WORK REQUEST:
Can you copy the lines from the one that contains "kfree ptr h = h" through the end of the material below, exactly and with nothing else?

RECORDS TO USE:

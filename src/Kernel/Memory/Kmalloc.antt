-- ===== src/Kernel/Memory/Kmalloc.antt =====
-- The bump allocator of kernel/memory/memory.c: `kmalloc_init`, `kmalloc`, `kmalloc_aligned` and
-- `kfree`. A pointer is its address, and `NULL` is 0.
pub mod Blocks
pub mod Aligned
pub mod Init
mod Tests
use aion_os.Prelude.{ℕ, ◌+◌, ◌-◌, ◌*◌, ◌/◌, ◌^◌, List, [], ◌∷◌, ltb, ◌==◌, if◌then◌else◌, bit_and}
use aion_os.Prelude.Words.{add64, sub64}
use aion_os.Kernel.Memory.Bitmap.{page_size}
use aion_os.Kernel.Memory.Pmm.{Pmm, pmm_alloc_contiguous}

abbrev pub virt_phys_map_base : ℕ
virt_phys_map_base = 0xffff_0000_0000_0000

abbrev pub heap_initial_size : ℕ
heap_initial_size = 16 * 1024 * 1024

-- The static variables `heap_ptr` and `heap_end`.
pub record Heap : Type 0 where
  pub heap_ptr : ℕ
  pub heap_end : ℕ

-- `kmalloc_init` from the result of the allocation on.
unfoldable pub heap_at : ℕ × Pmm → Heap → Pmm × Heap
heap_at (phys, pmm) h = if phys == 0 then (pmm, h) else (
  pmm,
  record {
    heap_ptr = add64 phys virt_phys_map_base;
    heap_end = add64 (add64 phys virt_phys_map_base) heap_initial_size;
  },
)

unfoldable pub kmalloc_init : Pmm → Heap → Pmm × Heap
unfolding heap_at
kmalloc_init pmm h = heap_at (pmm_alloc_contiguous (heap_initial_size / page_size) pmm) h

-- `(size + 15) & ~15ULL`
abbrev pub round16 : ℕ → ℕ
round16 size = add64 size 15 / 16 * 16

pub kmalloc : ℕ → Heap → ℕ × Heap
kmalloc size h =
    if ltb h.heap_end (add64 h.heap_ptr (round16 size))
    then (0, h)
    else (h.heap_ptr, record h { heap_ptr = add64 h.heap_ptr (round16 size) })

-- `~x` on a `uint64_t`
abbrev pub not64 : ℕ → ℕ
not64 x = 2 ^ 64 - 1 - x

-- `(p + align - 1) & ~(align - 1)`
pub align_up : ℕ → ℕ → ℕ
align_up p align = bit_and (sub64 (add64 p align) 1) (not64 (sub64 align 1))

pub kmalloc_aligned : ℕ → ℕ → Heap → ℕ × Heap
kmalloc_aligned size align h = kmalloc size (record h { heap_ptr = align_up h.heap_ptr align })

pub kfree : ℕ → Heap → Heap
kfree ptr h = h

-- A run of requests, with the pointers that they return.
pub kmalloc_all : List ℕ → Heap → List ℕ × Heap
kmalloc_all [] h = ([], h)
kmalloc_all (size ∷ sizes) h =
    let (p, h') = kmalloc size h in let (ps, h'') = kmalloc_all sizes h' in (p ∷ ps, h'')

SOLUTION FOR THIS EXERCISE:
kfree ptr h = h

-- A run of requests, with the pointers that they return.
pub kmalloc_all : List ℕ → Heap → List ℕ × Heap
kmalloc_all [] h = ([], h)
kmalloc_all (size ∷ sizes) h =
    let (p, h') = kmalloc size h in let (ps, h'') = kmalloc_all sizes h' in (p ∷ ps, h'')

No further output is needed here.